Personal information
- Full name: Luis Gonzalo Bustamante
- Date of birth: 11 December 1985 (age 40)
- Place of birth: Cordoba, Argentina
- Height: 1.70 m (5 ft 7 in)
- Position: Midfielder

Youth career
- Instituto

Senior career*
- Years: Team / Apps / (Gls)
- 2003–2004: Instituto / 37 / (3)
- 2004–2011: Atalaya [es] / 0 / (0)
- 2004–2005: → Instituto (loan) / 4 / (0)
- 2005–2006: → Talleres (loan) / 32 / (2)
- 2007–2009: → Los Andes (loan) / 82 / (8)
- 2009–2010: → Évian (loan) / 15 / (1)
- 2010–2011: → Chacarita Juniors (loan) / 27 / (2)
- 2011–2012: Defensa y Justicia / 36 / (6)
- 2012–2013: Atlético Tucumán / 33 / (2)
- 2013–2014: Defensa y Justicia / 26 / (1)
- 2014: All Boys / 15 / (3)
- 2015: Levadiakos / 11 / (1)
- 2015–2018: Deportes Iquique / 90 / (16)
- 2019: Curicó Unido / 9 / (0)
- 2020–2021: Magallanes / 14 / (2)

= Luis Bustamante (footballer) =

Argentine professional football player

Luis Gonzalo Bustamante (born December 11, 1985), known as Gonzalo Bustamante, is an Argentine formner professional footballer who played as a midfielder.

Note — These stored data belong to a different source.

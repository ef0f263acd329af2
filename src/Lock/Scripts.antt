-- ===== src/Lock/Scripts.antt =====
-- src/utils/distributed-lock.ts: what the two scripts do to the keys.
use spane.Base.{
  ℕ, ◌<◌, String, ◌≡◌, refl, ◌∙◌, ap, inl, inr, Bool-cases, none, Option-cases, ◌==◌, if◌then◌else◌,
  eq_iff,
}
use spane.Lock.Commands.{Redis, is_present, holds, count_of}
use spane.Lock.{release_script, extend_script}

module _ (redis : Redis) where
  open redis use {Server, value_of, del_answer, del_value, pexpire_answer, pexpire_value}

  -- The script of release answers 1 exactly if the key is held under the token.
  pub release_script_answer :
      (k v : String) (s : Server)
      → (release_script redis k v s).0 ≡ count_of (holds (value_of s k) v)
  unfolding release_script
  release_script_answer k v s = elim (Option-cases (value_of s k)) [
    | inl e ↦ rw (e, release_script) refl
    | inr (u, e) ↦ elim (Bool-cases (u == v)) [
      | inl own ↦
          rw (e, release_script) (rw own (del_answer k s ∙ ap (λ o. count_of (is_present o)) e))
      | inr other ↦ rw (e, release_script) (rw other refl)
    ]
  ]

  -- It removes that key then, and changes no other.
  pub release_script_value :
      (k v : String) (s : Server) (j : String)
      → value_of (release_script redis k v s).1 j
        ≡ (if k == j then if holds (value_of s j) v then none else value_of s j else value_of s j)
  unfolding release_script
  release_script_value k v s j = elim (Bool-cases (k == j)) [
    | inl same ↦
        let here = ap (value_of s) ((eq_iff k j).0 same) in
        elim (Option-cases (value_of s j)) [
          | inl e ↦ rw (here ∙ e, release_script) (rw (same, e) refl)
          | inr (u, e) ↦ elim (Bool-cases (u == v)) [
            | inl own ↦
                rw (here ∙ e, release_script) (rw own (rw (del_value k s j, same, e) (rw own refl)))
            | inr other ↦ rw (here ∙ e, release_script) (rw other (rw (same, e) (rw other refl)))
          ]
        ]
    | inr apart ↦ elim (Option-cases (value_of s k)) [
      | inl e ↦ rw (e, release_script) (rw apart refl)
      | inr (u, e) ↦ elim (Bool-cases (u == v)) [
        | inl own ↦ rw (e, release_script) (rw own (rw (del_value k s j, apart) refl))
        | inr other ↦ rw (e, release_script) (rw other (rw apart refl))
      ]
    ]
  ]

  -- The script of extend answers 1 exactly if the key is held under the token.
  pub extend_script_answer :
      (k v : String) (ttl : ℕ) (s : Server)
      → (extend_script redis k v ttl s).0 ≡ count_of (holds (value_of s k) v)
  unfolding extend_script
  extend_script_answer k v ttl s = elim (Option-cases (value_of s k)) [
    | inl e ↦ rw (e, extend_script) refl
    | inr (u, e) ↦ elim (Bool-cases (u == v)) [
      | inl own ↦
          rw (e, extend_script)
            (rw own (pexpire_answer k ttl s ∙ ap (λ o. count_of (is_present o)) e))
      | inr other ↦ rw (e, extend_script) (rw other refl)
    ]
  ]

  -- It changes no value.
  pub extend_script_value :
      (k v : String) (ttl : ℕ) (s : Server) (j : String)
      → 0 < ttl
      → value_of (extend_script redis k v ttl s).1 j ≡ value_of s j
  unfolding extend_script
  extend_script_value k v ttl s j h = elim (Option-cases (value_of s k)) [
    | inl e ↦ rw (e, extend_script) refl
    | inr (u, e) ↦ elim (Bool-cases (u == v)) [
      | inl own ↦ rw (e, extend_script) (rw own (pexpire_value k ttl s j h))
      | inr other ↦ rw (e, extend_script) (rw other refl)
    ]
  ]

He first played on the professional level in Primera División Argentina for Instituto.

==Career==
A product of Instituto, Bustamante moved to Atalaya as part of a negotiation with businessman Carlos Granero and stayed with Instituto for the 2004–05 season.

Bustamante ended his career in Chile with Magallanes after standing out with Deportes Iquique and Curicó Unido.

==Coaching career==
In 2023, Bustamante started to coach youth players from club DIEF in his hometown.